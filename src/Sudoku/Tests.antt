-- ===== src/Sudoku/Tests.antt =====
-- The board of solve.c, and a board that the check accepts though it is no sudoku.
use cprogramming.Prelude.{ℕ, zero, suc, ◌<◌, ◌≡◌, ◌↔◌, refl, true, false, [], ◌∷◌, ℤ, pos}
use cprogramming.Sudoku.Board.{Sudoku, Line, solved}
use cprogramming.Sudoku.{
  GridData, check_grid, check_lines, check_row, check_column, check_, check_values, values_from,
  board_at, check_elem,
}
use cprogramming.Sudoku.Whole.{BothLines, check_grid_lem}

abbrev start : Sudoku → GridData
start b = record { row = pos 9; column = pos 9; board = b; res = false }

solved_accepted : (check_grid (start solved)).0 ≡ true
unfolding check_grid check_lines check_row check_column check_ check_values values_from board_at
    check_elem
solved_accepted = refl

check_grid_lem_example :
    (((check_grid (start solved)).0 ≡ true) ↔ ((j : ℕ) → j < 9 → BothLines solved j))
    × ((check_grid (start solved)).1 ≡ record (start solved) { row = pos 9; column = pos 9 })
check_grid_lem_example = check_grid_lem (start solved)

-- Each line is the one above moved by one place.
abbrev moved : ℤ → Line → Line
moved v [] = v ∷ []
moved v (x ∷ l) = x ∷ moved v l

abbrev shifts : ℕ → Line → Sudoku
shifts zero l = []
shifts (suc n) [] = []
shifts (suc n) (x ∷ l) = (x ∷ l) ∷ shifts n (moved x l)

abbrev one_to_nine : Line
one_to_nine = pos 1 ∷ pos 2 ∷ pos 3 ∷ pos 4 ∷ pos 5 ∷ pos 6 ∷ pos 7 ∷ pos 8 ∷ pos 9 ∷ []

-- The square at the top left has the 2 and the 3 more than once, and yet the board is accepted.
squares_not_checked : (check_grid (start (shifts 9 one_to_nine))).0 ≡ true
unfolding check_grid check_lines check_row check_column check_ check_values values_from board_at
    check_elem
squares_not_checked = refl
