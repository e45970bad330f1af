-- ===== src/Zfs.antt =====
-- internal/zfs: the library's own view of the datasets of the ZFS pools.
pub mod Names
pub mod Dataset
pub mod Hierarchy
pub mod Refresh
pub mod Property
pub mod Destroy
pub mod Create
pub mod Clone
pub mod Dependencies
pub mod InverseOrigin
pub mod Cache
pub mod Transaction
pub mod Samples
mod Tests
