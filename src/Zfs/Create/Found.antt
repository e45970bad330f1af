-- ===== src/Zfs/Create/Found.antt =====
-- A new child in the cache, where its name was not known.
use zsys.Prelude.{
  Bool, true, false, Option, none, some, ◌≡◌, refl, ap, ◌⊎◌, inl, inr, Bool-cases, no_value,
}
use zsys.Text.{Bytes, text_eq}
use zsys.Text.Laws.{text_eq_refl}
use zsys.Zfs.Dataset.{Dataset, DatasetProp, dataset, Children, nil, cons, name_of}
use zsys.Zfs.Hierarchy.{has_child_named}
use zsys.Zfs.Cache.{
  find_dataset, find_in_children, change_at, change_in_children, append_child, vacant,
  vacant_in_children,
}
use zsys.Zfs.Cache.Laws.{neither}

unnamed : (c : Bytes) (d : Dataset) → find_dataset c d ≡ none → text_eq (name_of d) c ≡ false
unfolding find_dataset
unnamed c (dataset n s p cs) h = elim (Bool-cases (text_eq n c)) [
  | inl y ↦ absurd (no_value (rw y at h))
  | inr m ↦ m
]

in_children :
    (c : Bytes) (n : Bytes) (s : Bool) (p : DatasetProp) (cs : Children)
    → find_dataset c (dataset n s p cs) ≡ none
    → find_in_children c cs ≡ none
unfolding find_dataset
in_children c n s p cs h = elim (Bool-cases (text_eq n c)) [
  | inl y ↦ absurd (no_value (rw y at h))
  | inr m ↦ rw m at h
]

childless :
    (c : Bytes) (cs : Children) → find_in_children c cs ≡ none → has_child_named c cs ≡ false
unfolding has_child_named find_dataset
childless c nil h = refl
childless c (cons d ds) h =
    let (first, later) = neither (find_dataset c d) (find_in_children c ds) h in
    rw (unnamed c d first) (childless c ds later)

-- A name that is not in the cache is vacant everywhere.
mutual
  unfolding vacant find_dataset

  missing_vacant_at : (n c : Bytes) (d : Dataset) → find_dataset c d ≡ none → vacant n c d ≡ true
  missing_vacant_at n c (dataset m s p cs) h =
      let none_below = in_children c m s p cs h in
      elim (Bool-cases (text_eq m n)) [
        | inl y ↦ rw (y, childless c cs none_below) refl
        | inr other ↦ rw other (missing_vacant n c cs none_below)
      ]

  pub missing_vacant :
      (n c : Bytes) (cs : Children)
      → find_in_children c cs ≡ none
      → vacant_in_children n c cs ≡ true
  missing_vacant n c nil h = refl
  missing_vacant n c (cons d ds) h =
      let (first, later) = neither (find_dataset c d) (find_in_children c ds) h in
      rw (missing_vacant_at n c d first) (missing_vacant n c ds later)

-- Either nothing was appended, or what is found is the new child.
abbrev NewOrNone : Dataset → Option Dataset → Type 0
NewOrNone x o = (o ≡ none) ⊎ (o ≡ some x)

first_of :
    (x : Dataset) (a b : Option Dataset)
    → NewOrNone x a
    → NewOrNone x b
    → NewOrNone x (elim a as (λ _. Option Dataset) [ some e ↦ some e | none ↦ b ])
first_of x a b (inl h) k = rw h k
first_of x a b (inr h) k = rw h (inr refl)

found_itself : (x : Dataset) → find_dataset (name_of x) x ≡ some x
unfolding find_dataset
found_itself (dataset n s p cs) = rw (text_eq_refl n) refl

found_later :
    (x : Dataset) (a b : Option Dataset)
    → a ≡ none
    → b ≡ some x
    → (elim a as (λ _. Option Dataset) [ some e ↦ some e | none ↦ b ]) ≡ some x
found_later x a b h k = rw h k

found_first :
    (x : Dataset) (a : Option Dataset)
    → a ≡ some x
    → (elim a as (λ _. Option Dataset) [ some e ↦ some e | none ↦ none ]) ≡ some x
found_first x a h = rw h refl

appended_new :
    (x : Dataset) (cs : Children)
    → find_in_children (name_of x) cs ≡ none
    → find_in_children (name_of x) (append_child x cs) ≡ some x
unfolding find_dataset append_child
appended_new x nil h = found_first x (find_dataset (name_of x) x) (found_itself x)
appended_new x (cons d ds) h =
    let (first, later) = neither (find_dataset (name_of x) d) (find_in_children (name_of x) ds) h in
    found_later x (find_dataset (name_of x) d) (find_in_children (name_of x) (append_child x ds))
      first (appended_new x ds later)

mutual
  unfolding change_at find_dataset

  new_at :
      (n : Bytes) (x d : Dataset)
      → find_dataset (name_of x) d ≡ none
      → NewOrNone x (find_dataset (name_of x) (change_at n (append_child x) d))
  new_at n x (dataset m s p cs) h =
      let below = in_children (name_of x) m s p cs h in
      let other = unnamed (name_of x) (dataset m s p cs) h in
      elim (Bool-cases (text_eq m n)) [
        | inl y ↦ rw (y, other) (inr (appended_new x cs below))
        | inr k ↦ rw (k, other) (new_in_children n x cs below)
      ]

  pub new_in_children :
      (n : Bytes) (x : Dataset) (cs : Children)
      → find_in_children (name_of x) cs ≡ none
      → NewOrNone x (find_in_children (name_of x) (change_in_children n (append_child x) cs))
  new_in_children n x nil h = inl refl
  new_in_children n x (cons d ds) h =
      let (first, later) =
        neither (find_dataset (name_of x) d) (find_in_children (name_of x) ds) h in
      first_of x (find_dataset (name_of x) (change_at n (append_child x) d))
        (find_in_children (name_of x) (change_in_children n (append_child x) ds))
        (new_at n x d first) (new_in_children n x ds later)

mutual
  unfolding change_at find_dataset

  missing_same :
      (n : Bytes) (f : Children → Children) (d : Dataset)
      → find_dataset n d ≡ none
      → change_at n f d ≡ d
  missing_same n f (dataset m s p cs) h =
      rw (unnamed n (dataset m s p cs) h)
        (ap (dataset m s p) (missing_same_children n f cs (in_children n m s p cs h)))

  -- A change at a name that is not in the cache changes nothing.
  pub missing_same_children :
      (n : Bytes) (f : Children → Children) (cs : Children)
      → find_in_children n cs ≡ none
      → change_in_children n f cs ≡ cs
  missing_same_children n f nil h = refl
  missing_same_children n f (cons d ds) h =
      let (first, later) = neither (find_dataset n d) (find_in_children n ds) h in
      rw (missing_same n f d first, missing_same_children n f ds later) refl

→ **Brief**:
Among the lines of the data, identify those with the word "zero". Copy each of them.

→ **Your solution**:
use cprogramming.Prelude.{ℕ, zero, suc, ◌<◌, ◌≡◌, ◌↔◌, refl, true, false, [], ◌∷◌, ℤ, pos}
shifts zero l = []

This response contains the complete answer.